Albert Edwards has seen this playbook before.
The global strategist at Societe Generale is drawing attention to the fact that stock prices are running far ahead of the actual profits that companies are delivering.
Such a mismatch is not entirely unusual. It is, after all, the premise of buying growth stocks — many of which are money-losing companies that invest in cash-burning endeavors today so they have the capacity to deliver profits in the future.
However, Edwards is of the view that investors' expectations for such companies have spiraled out of control just like they did during the dot-com bubble.
The chart below, which he shared in a recent note to clients, illustrates the disconnect he sees between valuations and profits that reminds him of the 1990s.
The tech industry has become the focal point when anyone talks about richly valued growth stocks, having delivered one of the strongest sector returns of this bull market. Its gains have come at the expense of other S&P 500 sectors and value stocks — those considered bargains because they trade at more reasonable prices relative to their fundamentals.
This outperformance of growth over value — and of tech over almost everything else — informs Edwards' thesis that a rollback is coming.
The role of the next recession
At the height of the dot-com bubble, Edwards found that exuberance within the tech sector helped inflate long-term earnings expectations for the overall market. And he cautioned that an economic slowdown would be enough to prick the bubble.
But he did not only warn about the tech industry.
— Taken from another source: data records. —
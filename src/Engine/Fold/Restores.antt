-- ===== src/Engine/Fold/Restores.antt =====
-- Commit (engine/commit.go) and the replay of what it left (engine/fold.go).
use awf.Prelude.{
  ◌≡◌, refl, sym, ap, ◌∙◌, Bytes, Bool, true, false, List, [], ◌∷◌, ◌++◌, Option, none, some,
  String, Result, ok, err, Bool-cases, inl, inr, bytes_eq_refl,
}
use mathlib.Core.Path.{subst}
use awf.Prelude.Map.{Map, lookup-insert}
use awf.Engine.Commit.{
  Product, CommitError, Refs, Keys, Committed, node_completed_data, committed_result, put_artifacts,
  finish, is_ok, commit, pick, some_bytes,
}
use awf.Engine.Commit.Steps.{Sound, Injective, After}
use awf.Engine.Commit.Durable.{Covered, Written, Reads, ReadsMarshalled, put_artifacts-Written}
use awf.Engine.Events.{Json, NodeCompletedData, Object, Transcript}
use awf.Engine.Events.Kinds.{EventKind, kind_of}
use awf.Engine.Fold.{
  fold, fold_kind, fold_node_completed, node_result, commit_node, read_object, read_ref, is_empty,
}
use awf.Engine.Fold.Prefix.{fold-append_one}
use awf.Engine.RunState.{RunState, NodeResult, lookup_completed, record_completed}
use awf.Engine.RunState.Outcomes.{
  Outcome, outcome_ok, outcome_string, parse_outcome, parse_outcome_iff,
}
use awf.State.Blobs.{PutFault, get, parse_ref, has_prefix}
use awf.State.Blobs.Address.{HashLaws}
use awf.State.Event.{Event}

-- blobs.Get, as the fold takes it.
abbrev pub get_of : (Bytes → Bytes) → Map Bytes → Bytes → Option Bytes
get_of sum256 store ref = elim (get sum256 store ref) [ ok c ↦ some c | err e ↦ none ]

-- json.Unmarshal takes back what json.Marshal gave.
pub record WireLaws (json : Json) (marshal_object : Object → Option Bytes)
    (marshal_transcript : Transcript → Option Bytes) : Type 0 where
  pub object : (a : Object) (c : Bytes) → marshal_object a ≡ some c → json.object c ≡ some (some a)
  pub transcript :
      (a : Transcript) (c : Bytes) → marshal_transcript a ≡ some c → json.transcript c ≡ some a

module _ (json : Json) (sum256 : Bytes → Bytes) (store : Map Bytes) where
  get_of_lem : (ref c : Bytes) → get sum256 store ref ≡ ok c → get_of sum256 store ref ≡ some c
  get_of_lem ref c h = rw (h, get_of)

  some_ref : (ref c : Bytes) → get sum256 store ref ≡ ok c → is_empty ref ≡ false
  unfolding get parse_ref has_prefix is_empty
  some_ref [] c h = absurd (cc h)
  some_ref (b ∷ bs) c h = refl

  read_ref-some {ℓ} :
      {A : Type ℓ} (decode : Bytes → Option A) (ref c : Bytes) (a : A)
      → get sum256 store ref ≡ ok c
      → decode c ≡ some a
      → read_ref json (get_of sum256 store) decode ref ≡ ok (some a)
  unfolding read_ref
  read_ref-some decode ref c a held decoded =
      rw (some_ref ref c held, get_of_lem ref c held, decoded)

  read_ref-none {ℓ} :
      {A : Type ℓ} (decode : Bytes → Option A) (ref : Bytes)
      → ref ≡ []
      → read_ref json (get_of sum256 store) decode ref ≡ ok none
  unfolding read_ref is_empty
  read_ref-none decode ref h = rw h

node_result-reads :
    (json : Json) (get' : Bytes → Option Bytes) (d : NodeCompletedData) (outputs : Option Object)
    (stdout : Option Bytes) (transcript : Option Transcript)
    → parse_outcome d.outcome ≡ some outcome_ok
    → read_object json get' d.outputs_ref ≡ ok outputs
    → read_ref json get' (λ raw. some raw) d.stdout_ref ≡ ok stdout
    → read_ref json get' json.transcript d.transcript_ref ≡ ok transcript
    → node_result json get' d
      ≡ ok (record {
        outcome = outcome_ok;
        exit_code = d.exit_code;
        outputs = outputs;
        outputs_ref = d.outputs_ref;
        stdout = stdout;
        stdout_ref = d.stdout_ref;
        files = d.files;
        transcript = transcript;
        node_key = d.node_key;
        node_subtree_digest = d.node_subtree_digest;
      })
unfolding node_result
node_result-reads json get' d outputs stdout transcript parsed o out tr = rw (parsed, o, out, tr)

module _ (json : Json) (sum256 : Bytes → Bytes) (laws : HashLaws sum256) (P : Bytes → Type 0)
    (injective : Injective sum256 P) (fault : Map Bytes → Bytes → PutFault)
    (marshal_object : Object → Option Bytes) (marshal_transcript : Transcript → Option Bytes)
    (wire : WireLaws json marshal_object marshal_transcript) where
  reads_object :
      (store : Map Bytes) (o : Option Object) (ref : Bytes)
      → ReadsMarshalled sum256 laws P injective fault marshal_object marshal_transcript
          marshal_object o store ref
      → read_object json (get_of sum256 store) ref ≡ ok o
  unfolding read_object
  reads_object store none ref h = rw (read_ref-none json sum256 store json.object ref h)
  reads_object store (some a) ref (c, bytes, held) =
      rw (read_ref-some json sum256 store json.object ref c (some a) held (wire.object a c bytes))

  reads_transcript :
      (store : Map Bytes) (o : Option Transcript) (ref : Bytes)
      → ReadsMarshalled sum256 laws P injective fault marshal_object marshal_transcript
          marshal_transcript o store ref
      → read_ref json (get_of sum256 store) json.transcript ref ≡ ok o
  reads_transcript store none ref h = read_ref-none json sum256 store json.transcript ref h
  reads_transcript store (some a) ref (c, bytes, held) =
      read_ref-some json sum256 store json.transcript ref c a held (wire.transcript a c bytes)

  Reads-bytes :
      (store : Map Bytes) (o : Option Bytes) (ref : Bytes)
      → Reads sum256 laws P injective fault marshal_object marshal_transcript o store ref
      → read_ref json (get_of sum256 store) (λ raw. some raw) ref ≡ ok o
  Reads-bytes store none ref h = read_ref-none json sum256 store (λ raw. some raw) ref h
  Reads-bytes store (some c) ref h =
      read_ref-some json sum256 store (λ raw. some raw) ref c c h refl

  -- The event's data materializes to what Commit returned.
  materializes :
      (p : Product) (participates : Bool) (refs : Refs) (key : String × String) (store : Map Bytes)
      → p.outcome ≡ outcome_ok
      → Written sum256 laws P injective fault marshal_object marshal_transcript p participates store
          refs
      → node_result json (get_of sum256 store) (node_completed_data p refs key)
        ≡ ok (committed_result p participates refs key)
  unfolding node_completed_data committed_result
  materializes p participates refs (key, digest) store fine (o, out, files, tr) =
      let parsed : parse_outcome (outcome_string p.outcome) ≡ some outcome_ok =
        (parse_outcome_iff (outcome_string p.outcome) p.outcome).1 refl
        ∙ ap (λ x. Option.some x) fine in
      node_result-reads json (get_of sum256 store) (node_completed_data p refs (key, digest))
        p.outputs (some_bytes p.stdout) (pick participates p.transcript) parsed
        (reads_object store p.outputs refs.outputs o)
        (Reads-bytes store (some_bytes p.stdout) refs.stdout out)
        (reads_transcript store (pick participates p.transcript) refs.transcript tr)
      ∙ ap
          (λ oc.
            Result.ok
              (record (committed_result p participates refs (key, digest)) { outcome = oc }))
          (sym fine)

  -- Behind the puts.
  finish_restores :
      (p : Product) (participates : Bool) (keys : Keys) (af sf : Bool) (s : Map Bytes)
      (r : Map Bytes × Result CommitError Refs) (nr : NodeResult)
      → p.outcome ≡ outcome_ok
      → After sum256 laws P injective s
          (Written sum256 laws P injective fault marshal_object marshal_transcript p participates)
          r
      → (finish p participates keys af sf r).result ≡ ok nr
      → (d : NodeCompletedData) × ((finish p participates keys af sf r).appended ≡ some d)
        × (node_result json (get_of sum256 (finish p participates keys af sf r).store) d ≡ ok nr)
  unfolding finish
  finish_restores p b keys af sf s (store, err e) nr fine h done = absurd (cc done)
  finish_restores p b (err e) af sf s (store, ok refs) nr fine h done = absurd (cc done)
  finish_restores p b (ok key) true sf s (store, ok refs) nr fine h done = absurd (cc done)
  finish_restores p b (ok key) false true s (store, ok refs) nr fine h done = absurd (cc done)
  finish_restores p b (ok key) false false s (store, ok refs) nr fine (sound, ext, written) done =
      let same : committed_result p b refs key ≡ nr = cc done in
      (
        node_completed_data p refs key,
        refl,
        materializes p b refs key store fine written ∙ ap (λ x. Result.ok x) same,
      )

  is_ok-outcome : (oc : Outcome) → is_ok oc ≡ true → oc ≡ outcome_ok
  unfolding is_ok
  is_ok-outcome outcome_ok h = refl
  is_ok-outcome _ h = absurd (cc h)

  commit_restores :
      (p : Product) (participates : Bool) (keys : Keys) (af sf : Bool) (s : Map Bytes)
      (nr : NodeResult)
      → Sound sum256 P s
      → Covered sum256 laws P injective fault marshal_object marshal_transcript p participates
      → (commit sum256 fault marshal_object marshal_transcript p participates keys af sf s).result
        ≡ ok nr
      → (d : NodeCompletedData) × ((commit sum256 fault marshal_object marshal_transcript p
            participates keys af sf s).appended
          ≡ some d)
        × (node_result json
              (get_of sum256
                (commit sum256 fault marshal_object marshal_transcript p participates keys af sf
                  s).store)
              d
            ≡ ok nr)
  unfolding commit
  commit_restores p b keys af sf s nr sound covered done = elim (Bool-cases (is_ok p.outcome)) [
    | inr bad ↦ absurd (cc (rw bad at done))
    | inl fine ↦
        let put = put_artifacts sum256 fault marshal_object marshal_transcript p b s in
        let written =
          put_artifacts-Written sum256 laws P injective fault marshal_object marshal_transcript p b
            covered s sound in
        rw fine (
          finish_restores p b keys af sf s put nr (is_ok-outcome p.outcome fine) written
            (rw fine at done))
  ]

replay_completed :
    (json : Json) (get' : Bytes → Option Bytes) (d0 e : Event) (es : List Event) (rs : RunState)
    (d : NodeCompletedData) (nr : NodeResult)
    → fold json get' (d0 ∷ es) ≡ ok rs
    → kind_of e.event_type ≡ EventKind.node_completed
    → json.node_completed e.event_data ≡ some d
    → node_result json get' d ≡ ok nr
    → fold json get' (d0 ∷ (es ++ e ∷ [])) ≡ ok (commit_node json get' rs e.path d nr)
unfolding fold_kind fold_node_completed
replay_completed json get' d0 e es rs d nr done kind parsed result =
    rw (fold-append_one json get' d0 e es, done, kind, parsed, result)

completed_at :
    (json : Json) (get' : Bytes → Option Bytes) (rs : RunState) (path : Bytes)
    (d : NodeCompletedData) (nr : NodeResult)
    → lookup_completed (commit_node json get' rs path d nr) path ≡ some nr
unfolding commit_node lookup_completed record_completed
completed_at json get' rs path d nr =
    lookup-insert path path nr rs.completed ∙ rw (bytes_eq_refl path)

module _ (json : Json) (sum256 : Bytes → Bytes) (laws : HashLaws sum256) (P : Bytes → Type 0)
    (injective : Injective sum256 P) (fault : Map Bytes → Bytes → PutFault)
    (marshal_object : Object → Option Bytes) (marshal_transcript : Transcript → Option Bytes)
    (wire : WireLaws json marshal_object marshal_transcript) where
  -- Where Commit returns a result, a log that replays against the store it left, with the event it
  -- appended behind, replays to a state whose record of the node is exactly that result, typed
  -- outputs, stdout and transcript included. The hash does not collide on the stored blobs and the
  -- artifacts, and JSON takes back what it marshalled.
  pub fold-commit :
      (p : Product) (participates : Bool) (keys : Keys) (append_fails sync_fails : Bool)
      (s : Map Bytes) (r : Committed) (nr : NodeResult) (d0 e : Event) (es : List Event)
      (rs : RunState)
      → Sound sum256 P s
      → Covered sum256 laws P injective fault marshal_object marshal_transcript p participates
      → commit sum256 fault marshal_object marshal_transcript p participates keys append_fails
          sync_fails s
        ≡ r
      → r.result ≡ ok nr
      → kind_of e.event_type ≡ EventKind.node_completed
      → json.node_completed e.event_data ≡ r.appended
      → fold json (get_of sum256 r.store) (d0 ∷ es) ≡ ok rs
      → (rs' : RunState) × (fold json (get_of sum256 r.store) (d0 ∷ (es ++ e ∷ [])) ≡ ok rs')
        × (lookup_completed rs' e.path ≡ some nr)
  fold-commit p participates keys af sf s r nr d0 e es rs sound covered run done kind parsed
        replayed =
      let Left : Committed → Type 0 = λ r'.
        r'.result ≡ ok nr
        → (d : NodeCompletedData) × (r'.appended ≡ some d)
          × (node_result json (get_of sum256 r'.store) d ≡ ok nr) in
      let left : Left r = subst Left run (
        commit_restores json sum256 laws P injective fault marshal_object marshal_transcript wire p
          participates keys af sf s nr sound covered) in
      let (d, appended, result) = left done in
      (
        commit_node json (get_of sum256 r.store) rs e.path d nr,
        replay_completed json (get_of sum256 r.store) d0 e es rs d nr replayed kind
            (parsed ∙ appended) result,
        completed_at json (get_of sum256 r.store) rs e.path d nr,
      )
He also sensed danger for stocks that had premium, growth-like valuations even though they were highly cyclical in nature and vulnerable to an economic crunch.
The 2001 recession exposed and collapsed tech along with these non-growth stocks that had "illusory" earnings expectations attached to them.
Fast-forward to 2019, and Edwards sees the same scenario repeating itself soon.
He warns that the next economic recession will not only ravage tech stocks, but others that have been wrongly assigned growth-like valuations.
His chart below shows that analysts are reining in long-term earnings forecasts at the same time as early recession signals are beginning to flash.
Profit expectations are falling after two straight quarters of growth declines in the first and second quarters of 2019. Analysts expect the July-September quarter to be three-for-three
"The unfolding profits recession will expose the 'growth' impostors and they will collapse, as they are on the wrong 'growth' PE valuations with the wrong EPS projections," Edwards said.
He continued: "Just like in 2001, investors will not wait to distinguish true 'growth' stocks from the impostors. Investors will slam the whole sector and work it out later."
One auxiliary observation he makes on the severity of his forecast is that the share of public companies — numerically and by market cap — with fewer than 10 years of trading history has exploded since 1999. Numerically, it has grown from about 4% then to roughly 14% today. Since this record-long expansion is more than 10 years old, an "unusually high share" of the market has never experienced a recession.
He concluded, "US IT is now above 20% of the US market cap, the same as it was just six months before the tech bubble peaked in March 2000. Carnage awaits."